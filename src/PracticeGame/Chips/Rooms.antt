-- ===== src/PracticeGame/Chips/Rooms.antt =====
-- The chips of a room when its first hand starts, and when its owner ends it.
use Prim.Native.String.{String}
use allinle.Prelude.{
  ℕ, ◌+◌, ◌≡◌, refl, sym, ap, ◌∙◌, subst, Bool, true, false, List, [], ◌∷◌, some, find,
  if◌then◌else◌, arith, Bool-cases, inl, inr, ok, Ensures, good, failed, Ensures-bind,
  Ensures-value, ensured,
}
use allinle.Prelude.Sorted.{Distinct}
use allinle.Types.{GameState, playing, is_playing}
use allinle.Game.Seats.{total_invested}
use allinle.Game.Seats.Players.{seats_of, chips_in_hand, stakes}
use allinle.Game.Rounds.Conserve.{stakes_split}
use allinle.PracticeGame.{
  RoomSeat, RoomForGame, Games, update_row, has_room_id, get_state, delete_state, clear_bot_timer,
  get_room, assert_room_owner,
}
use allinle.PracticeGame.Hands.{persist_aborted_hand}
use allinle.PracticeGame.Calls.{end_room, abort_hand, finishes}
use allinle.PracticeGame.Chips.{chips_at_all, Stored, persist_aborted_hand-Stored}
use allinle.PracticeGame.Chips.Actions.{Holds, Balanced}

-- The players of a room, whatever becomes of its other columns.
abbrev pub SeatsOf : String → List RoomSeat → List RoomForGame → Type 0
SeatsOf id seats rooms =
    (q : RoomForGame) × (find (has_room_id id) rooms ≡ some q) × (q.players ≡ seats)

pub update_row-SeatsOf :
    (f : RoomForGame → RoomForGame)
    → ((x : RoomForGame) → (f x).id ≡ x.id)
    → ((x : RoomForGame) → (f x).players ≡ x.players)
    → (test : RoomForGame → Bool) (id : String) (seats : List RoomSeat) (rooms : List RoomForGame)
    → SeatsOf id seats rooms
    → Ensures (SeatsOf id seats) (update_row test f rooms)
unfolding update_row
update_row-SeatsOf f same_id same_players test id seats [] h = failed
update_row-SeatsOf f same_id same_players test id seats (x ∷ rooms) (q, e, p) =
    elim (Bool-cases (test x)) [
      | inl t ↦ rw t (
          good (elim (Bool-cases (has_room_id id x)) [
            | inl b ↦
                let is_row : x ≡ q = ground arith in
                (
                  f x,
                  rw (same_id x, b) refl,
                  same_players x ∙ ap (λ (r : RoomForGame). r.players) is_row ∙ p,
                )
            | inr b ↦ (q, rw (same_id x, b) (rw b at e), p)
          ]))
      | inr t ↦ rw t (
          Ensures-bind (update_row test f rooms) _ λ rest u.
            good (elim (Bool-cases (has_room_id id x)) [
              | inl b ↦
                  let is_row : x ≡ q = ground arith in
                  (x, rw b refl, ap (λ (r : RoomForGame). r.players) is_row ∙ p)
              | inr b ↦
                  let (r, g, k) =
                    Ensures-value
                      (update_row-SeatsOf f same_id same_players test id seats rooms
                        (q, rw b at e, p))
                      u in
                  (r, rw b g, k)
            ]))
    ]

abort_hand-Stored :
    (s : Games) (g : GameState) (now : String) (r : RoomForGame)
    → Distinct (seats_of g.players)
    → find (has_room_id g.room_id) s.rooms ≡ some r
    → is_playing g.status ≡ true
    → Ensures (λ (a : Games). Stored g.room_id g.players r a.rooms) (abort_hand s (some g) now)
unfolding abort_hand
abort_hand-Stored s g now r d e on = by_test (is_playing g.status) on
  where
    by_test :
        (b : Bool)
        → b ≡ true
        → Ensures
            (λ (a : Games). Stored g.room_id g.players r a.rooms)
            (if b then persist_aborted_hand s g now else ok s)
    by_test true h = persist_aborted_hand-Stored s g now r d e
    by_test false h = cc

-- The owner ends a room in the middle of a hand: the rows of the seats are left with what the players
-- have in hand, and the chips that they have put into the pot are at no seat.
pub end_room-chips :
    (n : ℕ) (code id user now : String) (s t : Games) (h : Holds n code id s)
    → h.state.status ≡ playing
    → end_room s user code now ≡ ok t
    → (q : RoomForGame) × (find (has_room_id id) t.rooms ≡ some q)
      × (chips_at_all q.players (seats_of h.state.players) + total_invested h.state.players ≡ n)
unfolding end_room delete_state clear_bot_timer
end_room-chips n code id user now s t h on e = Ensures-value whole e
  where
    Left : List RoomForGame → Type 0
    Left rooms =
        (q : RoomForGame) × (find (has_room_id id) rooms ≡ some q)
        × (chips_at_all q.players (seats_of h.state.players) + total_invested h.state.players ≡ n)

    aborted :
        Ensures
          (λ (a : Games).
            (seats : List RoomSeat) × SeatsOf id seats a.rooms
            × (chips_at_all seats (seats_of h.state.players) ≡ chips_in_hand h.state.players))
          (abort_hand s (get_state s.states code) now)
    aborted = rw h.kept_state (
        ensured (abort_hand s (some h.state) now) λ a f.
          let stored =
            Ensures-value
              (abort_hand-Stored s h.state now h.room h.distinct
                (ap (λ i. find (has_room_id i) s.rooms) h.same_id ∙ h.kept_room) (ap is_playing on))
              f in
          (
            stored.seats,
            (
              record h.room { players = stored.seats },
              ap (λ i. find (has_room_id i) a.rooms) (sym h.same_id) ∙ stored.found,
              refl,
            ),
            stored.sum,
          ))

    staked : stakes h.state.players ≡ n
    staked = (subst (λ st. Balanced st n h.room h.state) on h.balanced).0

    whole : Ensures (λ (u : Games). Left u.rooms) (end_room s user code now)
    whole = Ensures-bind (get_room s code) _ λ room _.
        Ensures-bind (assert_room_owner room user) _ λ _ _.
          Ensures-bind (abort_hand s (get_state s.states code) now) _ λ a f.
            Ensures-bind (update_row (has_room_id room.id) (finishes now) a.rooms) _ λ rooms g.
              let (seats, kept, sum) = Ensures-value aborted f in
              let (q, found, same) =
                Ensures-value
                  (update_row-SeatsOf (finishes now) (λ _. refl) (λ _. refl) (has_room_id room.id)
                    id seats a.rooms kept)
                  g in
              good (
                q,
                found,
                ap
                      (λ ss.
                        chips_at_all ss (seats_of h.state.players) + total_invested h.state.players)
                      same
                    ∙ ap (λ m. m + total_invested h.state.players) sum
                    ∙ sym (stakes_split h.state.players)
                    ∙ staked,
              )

• _Try it_: List every line above that contains the word "Prelude".

• _Written response_:
use allinle.Prelude.{
use allinle.Prelude.Sorted.{Distinct}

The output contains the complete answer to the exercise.